Let, be the distance between the two rings beand the point be at a distance$x$ from ring 2. Thus, the point distance from ring A will be$(d+x)$.

As the point is located right of both rings, then the net electric filed due to the charges$q_0\text{ and }{q}_0$ at the right of both rings can be given using equation (i) as follows:

(Since, both the charges are positive, the field is radially away from them)

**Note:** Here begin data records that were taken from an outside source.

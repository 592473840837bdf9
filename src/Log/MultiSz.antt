-- ===== src/Log/MultiSz.antt =====
-- What `loq` makes of a well-formed REG_MULTI_SZ value: one `\x00` for each string, and no letter.
use mathlib.Core.Path.{subst}
use Prim.Native.Nat.{min}
use capemon.Base.{
  ℕ, zero, suc, ◌+◌, ◌*◌, ◌≤◌, ◌<◌, ◌≡◌, refl, ap, true, false, Option, none, some, List, [], ◌∷◌,
  ◌++◌, ◌==◌, leb, if◌then◌else◌, arith, length, map, All, length-append, replicate,
  length-replicate,
}
use capemon.Utf8.{char_to_ushort, utf8_do_encode}
use capemon.Utf8.Decode.{encode_all}
use capemon.Utf8.Strings.{exactly, exactly_units, read_units, int_bytes, utf8_string_lem}
use capemon.Log.{◌>>=◌}
use capemon.Log.Values.{binary, Element, text, log_string}
use capemon.Log.Escapes.{
  stored, mark, marks, IsLetter, IsString, Outcome, fits, overflow, escapes, escape_strings,
}
use capemon.Log.Registry.{
  units_n, count_strings, escape_loop, first_units, escaped, multi_sz, pointed, log_registry,
}

count_strings-first :
    (s rest : List ℕ) → 0 < length s → All IsLetter s → count_strings 0 (s ++ 0 ∷ rest) ≡ some 0
unfolding count_strings
count_strings-first [] rest more letters = absurd (omega arith)
count_strings-first (c ∷ []) rest more letters = ground (arith, letters.0)
count_strings-first (c ∷ (d ∷ s)) rest more letters =
    ground (arith, letters.0, letters.1.0, count_strings-first (d ∷ s) rest (omega arith) letters.1)

units_n-marks :
    (n bound : ℕ) (rest : List ℕ)
    → 4 * n + 1 ≤ bound
    → units_n bound (marks n ++ 0 ∷ rest) ≡ some (marks n)
unfolding units_n marks
units_n-marks zero zero rest h = absurd (omega arith)
units_n-marks zero (suc bound) rest h = refl
units_n-marks (suc n) zero rest h = absurd (omega arith)
units_n-marks (suc n) (suc zero) rest h = absurd (omega arith)
units_n-marks (suc n) (suc (suc zero)) rest h = absurd (omega arith)
units_n-marks (suc n) (suc (suc (suc zero))) rest h = absurd (omega arith)
units_n-marks (suc n) (suc (suc (suc (suc bound)))) rest h =
    rw (units_n-marks n bound rest (omega arith)) refl

pub exactly_units_all : (xs : List ℕ) → exactly_units (length xs) xs ≡ some xs
unfolding exactly_units
exactly_units_all [] = refl
exactly_units_all (x ∷ xs) = rw (exactly_units_all xs) refl

encode-marks : (n : ℕ) → encode_all (map char_to_ushort (marks n)) ≡ marks n
unfolding encode_all marks char_to_ushort utf8_do_encode
encode-marks zero = refl
encode-marks (suc n) = ap (λ l. mark ++ l) (encode-marks n)

log_string-marks :
    (junk n : ℕ)
    → log_string junk (some (marks n)) (exactly (length (marks n))) ≡ some (binary (marks n))
unfolding log_string read_units int_bytes
log_string-marks junk n =
    rw
      (
        utf8_string_lem junk (marks n) (exactly (length (marks n))) (marks n)
            (exactly_units_all (marks n)),
        encode-marks n,
      )
      refl

abbrev marked_text : ℕ → ℕ → Option Element
marked_text n size = if leb (4 * n + 1) size then some (text (binary (marks n))) else none

-- What is logged of the block.
logged_of : ℕ → ℕ → Option (List ℕ) → Option Element
logged_of junk bound o =
    ((o >>= λ p. units_n bound p) >>= λ cs. log_string junk (some cs) (exactly (length cs)))
    >>= λ t. some (text t)

logged_of-Outcome :
    (junk n size : ℕ) {o : Option (List ℕ)}
    → Outcome [] n size o
    → logged_of junk size o ≡ marked_text n size
unfolding logged_of
logged_of-Outcome junk n size (fits rest e) =
    let room : leb (4 * n + 1) size ≡ true = ground arith in
    rw (units_n-marks n size rest (omega arith), log_string-marks junk n, room) refl
logged_of-Outcome junk n size (overflow e) =
    let none_left : leb (4 * n + 1) size ≡ false = ground arith in rw none_left refl

count_strings-stored :
    (strings : List (List ℕ))
    → All IsString strings
    → 0 < length strings
    → count_strings 0 (stored strings) ≡ some 0
unfolding stored
count_strings-stored [] all some_string = absurd (omega arith)
count_strings-stored (s ∷ strings) all some_string =
    count_strings-first s (stored strings) all.0.some_letter all.0.letters

stored-nonempty : (strings : List (List ℕ)) → (length (stored strings) == 0) ≡ false
unfolding stored
stored-nonempty [] = refl
stored-nonempty (s ∷ strings) = ground (arith, length-append s (0 ∷ stored strings))

-- The branch for a value that is read whole and has its first NUL behind a letter.
multi_sz-logged_of :
    (junk : ℕ) (units : List ℕ)
    → (length units == 0) ≡ false
    → count_strings 0 units ≡ some 0
    → pointed junk (multi_sz junk true (length units)) (some units)
      ≡ logged_of junk (length units) (escape_loop (replicate (length units) junk) 0 units units)
unfolding multi_sz first_units escaped pointed logged_of
multi_sz-logged_of junk units nonempty count =
    let same_size : length units + 0 * 4 ≡ length units = omega arith in
    ground (arith, exactly_units_all units, same_size)

multi_sz-marks :
    (junk : ℕ) (strings : List (List ℕ))
    → All IsString strings
    → 0 < length strings
    → pointed junk (multi_sz junk true (length (stored strings))) (some (stored strings))
      ≡ marked_text (length strings) (length (stored strings))
multi_sz-marks junk strings all some_string =
    let size = length (stored strings) in
    let block = escape_strings strings [] (replicate size junk) all some_string in
    rw
      (multi_sz-logged_of junk (stored strings) (stored-nonempty strings)
        (count_strings-stored strings all some_string))
      (logged_of-Outcome junk (length strings) size (
        subst
          (λ (n : ℕ).
            Outcome [] (length strings) n (escapes [] (replicate size junk) (stored strings)))
          (length-replicate size junk) block))

-- For a REG_MULTI_SZ value of one or more strings in the form `r`, of 512 bytes at most in all, `loq`
-- logs one `\x00` for each string and none of their letters. If the value has no room for four bytes
-- for each string and one more, it writes behind the block that it allocated instead.
pub log_registry-marks :
    (junk : ℕ) (strings : List (List ℕ))
    → All IsString strings
    → 0 < length strings
    → length (stored strings) ≤ 512
    → log_registry junk true 7 (length (stored strings)) (some (stored strings)) ≡ (
        if leb (4 * length strings + 1) (length (stored strings))
        then some (text (binary (marks (length strings))))
        else none)
unfolding log_registry
log_registry-marks junk strings all some_string small =
    let whole : min (length (stored strings)) 512 ≡ length (stored strings) = omega arith in
    rw whole (multi_sz-marks junk strings all some_string)
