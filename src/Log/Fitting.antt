-- ===== src/Log/Fitting.antt =====
-- The calls of `loq` about the monitor itself: their arguments fit their formats.
use Prim.Native.String.{String}
use capemon.Base.{
  ℕ, ◌*◌, ◌/◌, ◌≡◌, refl, true, false, none, some, List, [], ◌∷◌, ◌++◌, length, arith, map, ◌==◌,
  if◌then◌else◌,
}
use capemon.Utf8.{char_to_ushort}
use capemon.Utf8.Decode.{encode_all}
use capemon.Utf8.Strings.{
  until_nul, terminated, exactly, read_units, exactly_units, int_bytes, utf8_string_lem,
  utf8_wstring_lem,
}
use capemon.Log.Values.{Text, Element, log_string, log_wstring, int32, text, binary}
use capemon.Log.Format.{
  LogArg, int, word, LogServices, known_value, text_value, number_value, unicode_value, or_empty,
  popped,
}
use capemon.Log.Walk.{is_count, ignored_count, is_format_key, takes_one, takes_two, takes_three}
use capemon.Log.MultiSz.{exactly_units_all}
use capemon.Log.Notes.{c_string, named, wide_string, TextOrNull}

-- A key that takes the argument.
pub record FitsKey (c : ℕ) (arg : LogArg) : Type 0 where
  pub plain : is_count c ≡ false
  pub one : ignored_count c ≡ 1
  pub known : is_format_key c ≡ true
  pub valued :
      (e : LogServices) (args : List LogArg)
      → (x : Element) × (known_value e c (arg ∷ args) ≡ some (x, args))

-- Each key of the format has a name and one argument that it takes.
pub data Matches : List ℕ → List LogArg → Type 0 where
  finished : Matches [] []
  next_key :
      {c : ℕ} {arg : LogArg} {fmt : List ℕ} {args : List LogArg} (n : String)
      → FitsKey c arg
      → Matches fmt args
      → Matches (c ∷ fmt) (named n ∷ (arg ∷ args))

-- What stands before the first NUL of a text that ends with one.
unfoldable pub before_nul : List ℕ → List ℕ
before_nul [] = []
before_nul (c ∷ cs) = if c == 0 then [] else c ∷ before_nul cs

pub until_nul-terminated : (cs : List ℕ) → until_nul (cs ++ 0 ∷ []) ≡ some (before_nul cs)
unfolding until_nul before_nul
until_nul-terminated [] = refl
until_nul-terminated (c ∷ cs) = ground (arith, until_nul-terminated cs)

pub int-FitsKey : (n : ℕ) → FitsKey b'i' (int n)
unfolding is_count ignored_count is_format_key takes_one takes_two takes_three known_value
    number_value
int-FitsKey n = record {
  plain = refl;
  one = refl;
  known = refl;
  valued = λ e args. (int32 n, refl);
}

pub hex-FitsKey : (n : ℕ) → FitsKey b'h' (int n)
unfolding is_count ignored_count is_format_key takes_one takes_two takes_three known_value
    number_value
hex-FitsKey n = record {
  plain = refl;
  one = refl;
  known = refl;
  valued = λ e args. (int32 n, refl);
}

pub pointer-FitsKey : (n : ℕ) → FitsKey b'p' (word n)
unfolding is_count ignored_count is_format_key takes_one takes_two takes_three known_value
    number_value
pointer-FitsKey n = record { plain = refl; one = refl; known = refl; valued = λ e args. (_, refl) }

abbrev shown : List ℕ → Text
shown cs = binary (encode_all (map char_to_ushort (before_nul cs)))

log_string-terminated :
    (junk : ℕ) (cs : List ℕ) → log_string junk (some (cs ++ 0 ∷ [])) terminated ≡ some (shown cs)
unfolding log_string read_units int_bytes
log_string-terminated junk cs =
    rw (utf8_string_lem junk (cs ++ 0 ∷ []) terminated (before_nul cs) (until_nul-terminated cs))
      refl

pub string-FitsKey : (t : TextOrNull) → FitsKey b's' (c_string t)
unfolding is_count ignored_count is_format_key takes_one takes_two takes_three known_value
    text_value or_empty popped
string-FitsKey none = record {
  plain = refl;
  one = refl;
  known = refl;
  valued = λ e args. (text (shown []), rw (log_string-terminated e.junk []) refl);
}
string-FitsKey (some cs) = record {
  plain = refl;
  one = refl;
  known = refl;
  valued = λ e args. (text (shown cs), rw (log_string-terminated e.junk cs) refl);
}

log_wstring-whole :
    (junk : ℕ) (cs : List ℕ)
    → log_wstring junk (some cs) (exactly (2 * length cs / 2)) ≡ some (binary (encode_all cs))
unfolding log_wstring read_units int_bytes
log_wstring-whole junk cs =
    let half : 2 * length cs / 2 ≡ length cs = omega arith in
    rw half (rw (utf8_wstring_lem junk cs (exactly (length cs)) cs (exactly_units_all cs)) refl)

log_string-empty : (junk : ℕ) → log_string junk (some []) (exactly 0) ≡ some (binary [])
unfolding log_string read_units exactly_units int_bytes encode_all
log_string-empty junk = rw (utf8_string_lem junk [] (exactly 0) [] refl) refl

pub wide-FitsKey : (t : TextOrNull) → FitsKey b'o' (wide_string t)
unfolding is_count ignored_count is_format_key takes_one takes_two takes_three known_value
    unicode_value popped
wide-FitsKey none = record {
  plain = refl;
  one = refl;
  known = refl;
  valued = λ e args. (text (binary []), rw (log_string-empty e.junk) refl);
}
wide-FitsKey (some cs) = record {
  plain = refl;
  one = refl;
  known = refl;
  valued = λ e args. (text (binary (encode_all cs)), rw (log_wstring-whole e.junk cs) refl);
}

pub ruleset notes =
    (next_key, finished, int-FitsKey, hex-FitsKey, pointer-FitsKey, string-FitsKey, wide-FitsKey)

$\left|E_{\left(1\right)}\right|=\frac{kq(d+x)}{{({(d+x)}^2+a^2)}^{3/2}}+\frac{kqx}{{(x^2+a^2)}^{3/2}}$

Now, the net electric filed due to the charges $-q_0\text{ and }-q_0$at the right of both rings can be given using equation (i) as follows:

(Since, both the charges are positive, the field is radially towards them)

$\begin{array}{c}{E}_{\left(2\right)}=-\frac{kq(d+x)}{{({(d+x)}^2+a^2)}^{3/2}}-\frac{kqx}{{(x^2+a^2)}^{3/2}}\\ \left|E_{\left(2\right)}\right|=\frac{kq(d+x)}{{({(d+x)}^2+a^2)}^{3/2}}+\frac{kqx}{{(x^2+a^2)}^{3/2}}\end{array}$

Now, the net electric filed due to the charges $-q_0\text{ and }{q}_0$at the right of both rings can be given using equation (i) as follows:

$\begin{array}{c}{E}_{\left(3\right)}=-\frac{kq(d+x)}{{({(d+x)}^2+a^2)}^{3/2}}+\frac{kq\left(x\right)}{{(x^2+a^2)}^{3/2}}\\ \left|E_{\left(3\right)}\right|=\frac{kq(d+x)}{{({(d+x)}^2+a^2)}^{3/2}}-\frac{kq\left(x\right)}{{(x^2+a^2)}^{3/2}}\end{array}$

Hence, the required rank is $\left|E_{\left(1\right)}\right|=\left|E_{\left(2\right)}\right|>\left|E_{\left(3\right)}\right|$.